### Problem to work on
Stop after the line that contains "(later, ap (λ (q : List ℕ). x ∷ q) e)"; until then, restate each line of the entries word for word from the very first.

### Exercise material
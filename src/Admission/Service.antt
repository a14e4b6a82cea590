-- ===== src/Admission/Service.antt =====
-- internal/admission/admitter.go, run: every joiner is admitted, at the rate of the ticker.
use flashsale_reservation.Prelude.{
  List-cases, ℕ, suc, ◌≤◌, ◌<◌, ◌≡◌, inl, inr, refl, sym, ap, subst, List, [], ◌∷◌, ◌++◌, length,
  arith,
}
use mathlib.Core.List.{append_assoc}
use flashsale_reservation.Admission.{Admitter, Event, joined, ticked, asked_depth, turn, run}
use flashsale_reservation.Admission.Fifo.{admissions}

abbrev pub ticks : List Event → ℕ
ticks [] = 0
ticks (ticked ∷ es) = suc (ticks es)
ticks (joined j ∷ es) = ticks es
ticks (asked_depth ∷ es) = ticks es

served :
    (es : List Event) (ahead behind : List ℕ) (j p : ℕ)
    → length ahead < ticks es
    → (later : List ℕ) × (admissions
          (run es (record { queue = ahead ++ (j ∷ behind); next_position = p })).0
        ≡ ahead ++ (j ∷ later))
unfolding run turn
served [] ahead behind j p h = absurd (omega arith)
served (joined k ∷ es) ahead behind j p h =
    let (later, e) = served es ahead (behind ++ (k ∷ [])) j (suc p) h in
    (
      later,
      subst
          (λ (q : List ℕ).
            admissions (run es (record { queue = q; next_position = suc p })).0
            ≡ ahead ++ (j ∷ later))
          (sym (append_assoc ahead (j ∷ behind) (k ∷ []))) e,
    )
served (ticked ∷ es) [] behind j p h =
    (admissions (run es (record { queue = behind; next_position = p })).0, refl)
served (ticked ∷ es) (x ∷ ahead) behind j p h =
    let (later, e) = served es ahead behind j p (omega arith) in
    (later, ap (λ (q : List ℕ). x ∷ q) e)
served (asked_depth ∷ es) ahead behind j p h = served es ahead behind j p h

-- Whoever joins is admitted, after exactly those who were in the queue before: as soon as the ticker
-- has fired once more often than the queue was long, whatever else the loop is sent meanwhile.
pub joiner_is_admitted :
    (es : List Event) (a : Admitter) (j : ℕ)
    → length a.queue < ticks es
    → (later : List ℕ) × (admissions (run (joined j ∷ es) a).0 ≡ a.queue ++ (j ∷ later))
unfolding run turn
joiner_is_admitted es a j h = served es a.queue [] j (suc a.next_position) h

-- No more are admitted than the ticker has fired.
pub admissions_bounded :
    (es : List Event) (a : Admitter) → length (admissions (run es a).0) ≤ ticks es
unfolding run turn
admissions_bounded [] a = omega arith
admissions_bounded (joined j ∷ es) a = admissions_bounded es (turn (joined j) a).1
admissions_bounded (asked_depth ∷ es) a = admissions_bounded es a
admissions_bounded (ticked ∷ es) a = elim (List-cases a.queue) [
  | inl empty ↦ rw (empty, turn) (omega (arith, admissions_bounded es a))
  | inr (j, js, e) ↦ rw (e, turn) (omega (arith, admissions_bounded es (record a { queue = js })))
]
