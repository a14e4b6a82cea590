-- ===== src/Admission/Stranded.antt =====
-- internal/admission/admitter.go: the calls of Join that outlive the loop.
use flashsale_reservation.Prelude.{ℕ, ◌≡◌, ◌⊎◌, inl, inr, refl, true, false, none}
use flashsale_reservation.Admission.Calls.{
  Channels, Step, Steps, here, then, join_returned, join_received, position_read, admission_seen,
  send_given_up, position_given_up, admission_given_up, loop_turns, depth_received, result_read,
  done_seen, ask_given_up, result_given_up, loop_returns, service_ends, join_ends, depth_ends,
}

-- A Join that meets a loop that has returned, and that is not yet admitted, has a context that
-- ended or has not returned.
abbrev IsStranded : Channels → Type 0
IsStranded r =
    (r.loop ≡ none)
    × (r.is_admitted ≡ false)
    × ((r.join_ended ≡ true) ⊎ (join_returned r.join ≡ false))

Step-IsStranded : (j : ℕ) (p q : Channels) → Step j p q → IsStranded p → IsStranded q
Step-IsStranded j r q (join_received _ a l s) (gone, out, w) = absurd cc
Step-IsStranded j r q (position_read _ n s e) (gone, out, w) = (gone, out, inr refl)
Step-IsStranded j r q (admission_seen _ n s c) (gone, out, w) = absurd cc
Step-IsStranded j r q (send_given_up _ s c) (gone, out, w) = (gone, out, inl c)
Step-IsStranded j r q (position_given_up _ s c) (gone, out, w) = (gone, out, inl c)
Step-IsStranded j r q (admission_given_up _ n s c) (gone, out, w) = (gone, out, inl c)
Step-IsStranded j r q (loop_turns _ a e l other) (gone, out, w) = absurd cc
Step-IsStranded j r q (depth_received _ a l s) (gone, out, w) = absurd cc
Step-IsStranded j r q (result_read _ n s e) h = h
Step-IsStranded j r q (done_seen _ s l) h = h
Step-IsStranded j r q (ask_given_up _ s c) h = h
Step-IsStranded j r q (result_given_up _ s c) h = h
Step-IsStranded j r q (loop_returns _ c) (gone, out, w) = (refl, out, w)
Step-IsStranded j r q (service_ends _) h = h
Step-IsStranded j r q (join_ends _) (gone, out, w) = (gone, out, inl refl)
Step-IsStranded j r q (depth_ends _) h = h

Steps-IsStranded : (j : ℕ) (p q : Channels) → Steps j p q → IsStranded p → IsStranded q
Steps-IsStranded j p q (here _) h = h
Steps-IsStranded j p q (then _ m _ first rest) h =
    Steps-IsStranded j m q rest (Step-IsStranded j p m first h)

-- A Join outlives the loop: once the loop has returned, a call of Join that is in any of its three
-- selects, and whose channel is not closed, never returns, until its own context ends.
pub stopped_join_hangs :
    (j : ℕ) (p q : Channels)
    → p.loop ≡ none
    → p.is_admitted ≡ false
    → join_returned p.join ≡ false
    → Steps j p q
    → q.join_ended ≡ false
    → join_returned q.join ≡ false
stopped_join_hangs j p q gone out waits steps running =
    let (_, _, w) = Steps-IsStranded j p q steps (gone, out, inr waits) in
    elim w [ inl ended ↦ absurd cc | inr still ↦ still ]
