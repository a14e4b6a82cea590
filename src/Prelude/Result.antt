-- ===== src/Prelude/Result.antt =====
-- Go's `(value, error)` results: one of the two, with `do` for the early return on an error.
use mathlib.Core.Path.{◌≡◌, refl}
use mathlib.Core.Logic.{◌⊎◌, inl, inr}
use mathlib.Core.Option.{Option, none, some}

pub data Result {ε α} (E : Type ε) (A : Type α) : Type (ε ⊔ α) where
  ok : A → Result E A
  err : E → Result E A

abbrev pub or_fail {ε α} : {E : Type ε} {A : Type α} → Option A → E → Result E A
or_fail none e = err e
or_fail (some a) e = ok a

-- A call that may be cut short by an error from outside.
abbrev pub interrupt {ε} : {E : Type ε} → Option E → Result E (Unit {0})
interrupt none = ok tt
interrupt (some e) = err e

abbrev pub map_err {ε φ α} :
    {E : Type ε} {F : Type φ} {A : Type α} → (E → F) → Result E A → Result F A
map_err f (ok a) = ok a
map_err f (err e) = err (f e)

-- The early return: what follows is skipped on an error.
infixl 5 ◌>>=◌ ◌>>◌
abbrev pub ◌>>=◌ {ε α β} :
    {E : Type ε} {A : Type α} {B : Type β} → Result E A → (A → Result E B) → Result E B
err stop >>= next = err stop
ok value >>= next = next value

abbrev pub ◌>>◌ {ε β} : {E : Type ε} {B : Type β} → Result E (Unit {0}) → Result E B → Result E B
first >> second = first >>= λ done. second

-- What a success of a chain says of its first step.
pub >>=-eq-ok {ε α β} :
    {E : Type ε} {A : Type α} {B : Type β} (first : Result E A) (next : A → Result E B) {result : B}
    → (first >>= next) ≡ ok result
    → (value : A) × (first ≡ ok value) × (next value ≡ ok result)
>>=-eq-ok (err stop) next h = cc
>>=-eq-ok (ok value) next h = (value, refl, h)

pub or_fail-eq-ok {ε α} :
    {E : Type ε} {A : Type α} (o : Option A) (e : E) {a : A} → or_fail o e ≡ ok a → o ≡ some a
or_fail-eq-ok none e h = cc
or_fail-eq-ok (some x) e h = cc

pub map_err-eq-ok {ε φ α} :
    {E : Type ε} {F : Type φ} {A : Type α} (f : E → F) (m : Result E A) {a : A}
    → map_err f m ≡ ok a
    → m ≡ ok a
map_err-eq-ok f (ok x) h = cc
map_err-eq-ok f (err e) h = cc

pub Result-cases {ε α} :
    {E : Type ε} {A : Type α} (m : Result E A) → ((a : A) × (m ≡ ok a)) ⊎ ((e : E) × (m ≡ err e))
Result-cases (ok a) = inl (a, refl)
Result-cases (err e) = inr (e, refl)
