-- ===== src/Redis/Lua.antt =====
-- The numbers of internal/redisx/inventory.go's Lua script, which are doubles. An integer is a double
-- below 2 ^ 53; from there to 2 ^ 54 every second one is, then every fourth, and so on.
use flashsale_reservation.Prelude.{
  ℕ, zero, suc, ◌+◌, ◌-◌, ◌*◌, ◌/◌, ◌%◌, ◌^◌, ◌≤◌, ◌<◌, ◌≡◌, false, inl, inr, ltb, ◌==◌, ◌&&◌, ◌||◌,
  if◌then◌else◌, arith, Bool-cases,
}
use flashsale_reservation.Prelude.Int.{ℤ, pos, negsuc, ◌-ℤ◌}

-- The multiple of `step` that is nearest, the even one of two.
abbrev nearest : ℕ → ℕ → ℕ
nearest step n =
    let low = n / step in
    let rest = n % step in
    if ltb step (2 * rest) || ((step == 2 * rest) && (low % 2 == 1))
    then (low + 1) * step
    else low * step

-- In the range from `base` to twice that, the doubles are `step` apart. Ten doublings of the range
-- cover the 64-bit integers.
abbrev round_from : ℕ → ℕ → ℕ → ℕ → ℕ
round_from zero base step n = base + nearest step (n - base)
round_from (suc k) base step n =
    let further = round_from k (2 * base) (2 * step) n in
    if ltb n (2 * base) then base + nearest step (n - base) else further

unfoldable pub double : ℕ → ℕ
double n = if ltb n (2 ^ 53) then n else round_from 10 (2 ^ 53) 2 n

unfoldable pub to_double : ℤ → ℤ
to_double (pos n) = pos (double n)
to_double (negsuc n) = pos 0 -ℤ pos (double (suc n))

pub double_exact : (n : ℕ) → n < 2 ^ 53 → double n ≡ n
unfolding double
double_exact n h = ground arith

round_from_least : (k base step n : ℕ) → base ≤ round_from k base step n
round_from_least zero base step n = omega arith
round_from_least (suc k) base step n = elim (Bool-cases (ltb n (2 * base))) [
  | inl near ↦ rw near (omega arith)
  | inr far ↦ rw far (omega (arith, round_from_least k (2 * base) (2 * step) n))
]

pub double_large : (n : ℕ) → 2 ^ 53 ≤ n → 2 ^ 53 ≤ double n
unfolding double
double_large n h =
    let large : ltb n (2 ^ 53) ≡ false = ground arith in rw large (round_from_least 10 (2 ^ 53) 2 n)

### Your solution
filename src/Admission/Service.antt
repository a14e4b6a82cea590
-- ===== src/Admission/Service.antt =====
-- internal/admission/admitter.go, run: every joiner is admitted, at the rate of the ticker.
use flashsale_reservation.Prelude.{
  List-cases, ℕ, suc, ◌≤◌, ◌<◌, ◌≡◌, inl, inr, refl, sym, ap, subst, List, [], ◌∷◌, ◌++◌, length,
  arith,
}
use mathlib.Core.List.{append_assoc}
use flashsale_reservation.Admission.{Admitter, Event, joined, ticked, asked_depth, turn, run}
use flashsale_reservation.Admission.Fifo.{admissions}

abbrev pub ticks : List Event → ℕ
ticks [] = 0
ticks (ticked ∷ es) = suc (ticks es)
ticks (joined j ∷ es) = ticks es
ticks (asked_depth ∷ es) = ticks es

served :
    (es : List Event) (ahead behind : List ℕ) (j p : ℕ)
    → length ahead < ticks es
    → (later : List ℕ) × (admissions
          (run es (record { queue = ahead ++ (j ∷ behind); next_position = p })).0
        ≡ ahead ++ (j ∷ later))
unfolding run turn
served [] ahead behind j p h = absurd (omega arith)
served (joined k ∷ es) ahead behind j p h =
    let (later, e) = served es ahead (behind ++ (k ∷ [])) j (suc p) h in
    (
      later,
      subst
          (λ (q : List ℕ).
            admissions (run es (record { queue = q; next_position = suc p })).0
            ≡ ahead ++ (j ∷ later))
          (sym (append_assoc ahead (j ∷ behind) (k ∷ []))) e,
    )
served (ticked ∷ es) [] behind j p h =
    (admissions (run es (record { queue = behind; next_position = p })).0, refl)
served (ticked ∷ es) (x ∷ ahead) behind j p h =
    let (later, e) = served es ahead behind j p (omega arith) in
    (later, ap (λ (q : List ℕ). x ∷ q) e)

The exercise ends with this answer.